-- Record extracts follows --

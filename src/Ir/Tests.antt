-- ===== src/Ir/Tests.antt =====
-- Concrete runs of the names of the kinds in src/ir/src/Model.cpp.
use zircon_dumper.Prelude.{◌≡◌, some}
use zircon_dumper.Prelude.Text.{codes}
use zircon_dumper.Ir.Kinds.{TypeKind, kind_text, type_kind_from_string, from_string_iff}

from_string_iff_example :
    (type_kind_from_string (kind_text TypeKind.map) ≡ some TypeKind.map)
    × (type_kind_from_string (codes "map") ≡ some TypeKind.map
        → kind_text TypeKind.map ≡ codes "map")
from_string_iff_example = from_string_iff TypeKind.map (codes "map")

-- Record extracts concluded --
-- Record extracts follows --

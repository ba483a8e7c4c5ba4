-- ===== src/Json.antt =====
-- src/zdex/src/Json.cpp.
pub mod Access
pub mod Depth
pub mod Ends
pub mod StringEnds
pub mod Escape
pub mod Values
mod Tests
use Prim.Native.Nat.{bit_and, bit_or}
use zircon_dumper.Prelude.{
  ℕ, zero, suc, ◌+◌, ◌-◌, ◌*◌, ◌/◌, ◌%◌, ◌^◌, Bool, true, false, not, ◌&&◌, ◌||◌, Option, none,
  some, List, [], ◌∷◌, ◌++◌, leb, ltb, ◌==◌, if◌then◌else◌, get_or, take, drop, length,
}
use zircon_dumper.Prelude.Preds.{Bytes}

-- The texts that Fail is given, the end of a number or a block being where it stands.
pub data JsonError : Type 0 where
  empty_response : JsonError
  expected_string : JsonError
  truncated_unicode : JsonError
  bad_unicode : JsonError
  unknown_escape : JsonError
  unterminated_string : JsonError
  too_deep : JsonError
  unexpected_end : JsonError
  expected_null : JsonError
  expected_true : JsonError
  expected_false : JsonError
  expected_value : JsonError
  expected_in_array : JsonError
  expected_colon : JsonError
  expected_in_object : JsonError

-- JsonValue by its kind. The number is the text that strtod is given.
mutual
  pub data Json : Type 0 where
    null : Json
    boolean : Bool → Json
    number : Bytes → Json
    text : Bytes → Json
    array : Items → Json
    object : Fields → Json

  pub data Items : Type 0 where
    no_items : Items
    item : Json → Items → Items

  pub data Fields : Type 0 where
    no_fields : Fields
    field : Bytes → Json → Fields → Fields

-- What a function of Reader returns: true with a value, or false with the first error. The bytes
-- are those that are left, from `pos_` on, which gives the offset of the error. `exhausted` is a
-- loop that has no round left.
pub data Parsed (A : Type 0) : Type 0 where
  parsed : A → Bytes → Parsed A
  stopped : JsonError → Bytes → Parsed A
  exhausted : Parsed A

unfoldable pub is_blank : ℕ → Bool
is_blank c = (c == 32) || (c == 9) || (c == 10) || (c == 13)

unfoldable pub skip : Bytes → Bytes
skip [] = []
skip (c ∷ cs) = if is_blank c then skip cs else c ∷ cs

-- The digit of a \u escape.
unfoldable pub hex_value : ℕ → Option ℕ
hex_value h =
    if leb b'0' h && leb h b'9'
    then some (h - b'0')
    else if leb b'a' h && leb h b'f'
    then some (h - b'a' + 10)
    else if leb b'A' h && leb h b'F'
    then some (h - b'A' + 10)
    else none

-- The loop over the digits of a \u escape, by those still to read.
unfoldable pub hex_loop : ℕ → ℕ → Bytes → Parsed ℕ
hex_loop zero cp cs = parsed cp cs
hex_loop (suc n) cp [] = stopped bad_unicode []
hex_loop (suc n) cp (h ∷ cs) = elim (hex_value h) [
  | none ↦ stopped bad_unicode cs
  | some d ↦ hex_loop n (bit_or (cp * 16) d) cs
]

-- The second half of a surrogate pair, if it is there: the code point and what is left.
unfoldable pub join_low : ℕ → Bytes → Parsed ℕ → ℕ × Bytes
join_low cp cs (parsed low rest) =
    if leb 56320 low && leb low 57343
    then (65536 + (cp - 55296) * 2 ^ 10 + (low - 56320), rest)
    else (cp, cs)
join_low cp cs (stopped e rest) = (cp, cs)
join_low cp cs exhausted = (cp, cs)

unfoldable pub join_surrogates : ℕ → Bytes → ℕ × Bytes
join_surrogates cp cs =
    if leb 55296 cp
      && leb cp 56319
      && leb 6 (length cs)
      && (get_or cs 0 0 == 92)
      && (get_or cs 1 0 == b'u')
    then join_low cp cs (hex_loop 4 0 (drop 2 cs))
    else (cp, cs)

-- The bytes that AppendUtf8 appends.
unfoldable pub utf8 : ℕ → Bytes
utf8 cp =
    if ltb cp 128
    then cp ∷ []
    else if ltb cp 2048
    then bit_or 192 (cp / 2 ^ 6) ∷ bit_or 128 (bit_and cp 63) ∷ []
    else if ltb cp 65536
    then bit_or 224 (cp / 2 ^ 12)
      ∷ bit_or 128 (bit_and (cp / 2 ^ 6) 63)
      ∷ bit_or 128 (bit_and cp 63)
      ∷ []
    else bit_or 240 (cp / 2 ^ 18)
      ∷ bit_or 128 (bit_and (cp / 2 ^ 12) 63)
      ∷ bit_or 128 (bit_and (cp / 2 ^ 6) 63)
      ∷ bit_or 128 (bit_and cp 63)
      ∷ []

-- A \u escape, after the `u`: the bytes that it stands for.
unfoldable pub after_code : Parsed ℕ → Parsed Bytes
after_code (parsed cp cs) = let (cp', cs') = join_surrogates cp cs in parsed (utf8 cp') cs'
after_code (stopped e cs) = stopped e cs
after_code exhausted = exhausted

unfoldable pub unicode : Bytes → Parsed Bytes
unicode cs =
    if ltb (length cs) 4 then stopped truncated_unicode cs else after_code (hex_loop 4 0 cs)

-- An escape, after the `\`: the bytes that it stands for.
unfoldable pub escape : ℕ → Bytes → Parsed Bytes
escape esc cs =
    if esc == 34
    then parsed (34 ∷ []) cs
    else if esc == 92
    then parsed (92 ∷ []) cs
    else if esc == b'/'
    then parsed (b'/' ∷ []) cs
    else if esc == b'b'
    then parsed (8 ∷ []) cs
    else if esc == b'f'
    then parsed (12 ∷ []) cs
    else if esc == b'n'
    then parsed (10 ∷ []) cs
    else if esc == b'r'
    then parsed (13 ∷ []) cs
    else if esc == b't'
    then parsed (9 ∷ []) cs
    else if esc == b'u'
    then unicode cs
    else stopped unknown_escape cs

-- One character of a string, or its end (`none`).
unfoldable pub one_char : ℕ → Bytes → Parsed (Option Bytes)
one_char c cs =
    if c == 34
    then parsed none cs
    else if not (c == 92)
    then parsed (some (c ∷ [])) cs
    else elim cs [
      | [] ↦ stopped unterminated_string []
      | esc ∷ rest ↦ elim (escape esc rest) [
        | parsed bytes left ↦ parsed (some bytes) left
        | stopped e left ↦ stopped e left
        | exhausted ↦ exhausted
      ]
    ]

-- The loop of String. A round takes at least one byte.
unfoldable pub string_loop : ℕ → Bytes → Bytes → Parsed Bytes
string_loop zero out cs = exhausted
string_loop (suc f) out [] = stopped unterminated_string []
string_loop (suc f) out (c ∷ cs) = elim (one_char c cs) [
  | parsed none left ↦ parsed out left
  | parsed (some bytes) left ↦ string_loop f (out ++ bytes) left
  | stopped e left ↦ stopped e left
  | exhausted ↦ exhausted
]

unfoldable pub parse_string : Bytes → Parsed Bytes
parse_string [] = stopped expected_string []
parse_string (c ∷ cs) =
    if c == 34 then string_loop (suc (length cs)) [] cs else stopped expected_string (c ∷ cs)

-- Record extracts concluded --

• Task description
What lines of the preceding data include the string "none"? Pull them out.

• Result of this exercise
  ℕ, zero, suc, ◌+◌, ◌-◌, ◌*◌, ◌/◌, ◌%◌, ◌^◌, Bool, true, false, not, ◌&&◌, ◌||◌, Option, none,
    else none
  | none ↦ stopped bad_unicode cs
-- One character of a string, or its end (`none`).
    then parsed none cs
  | parsed none left ↦ parsed out left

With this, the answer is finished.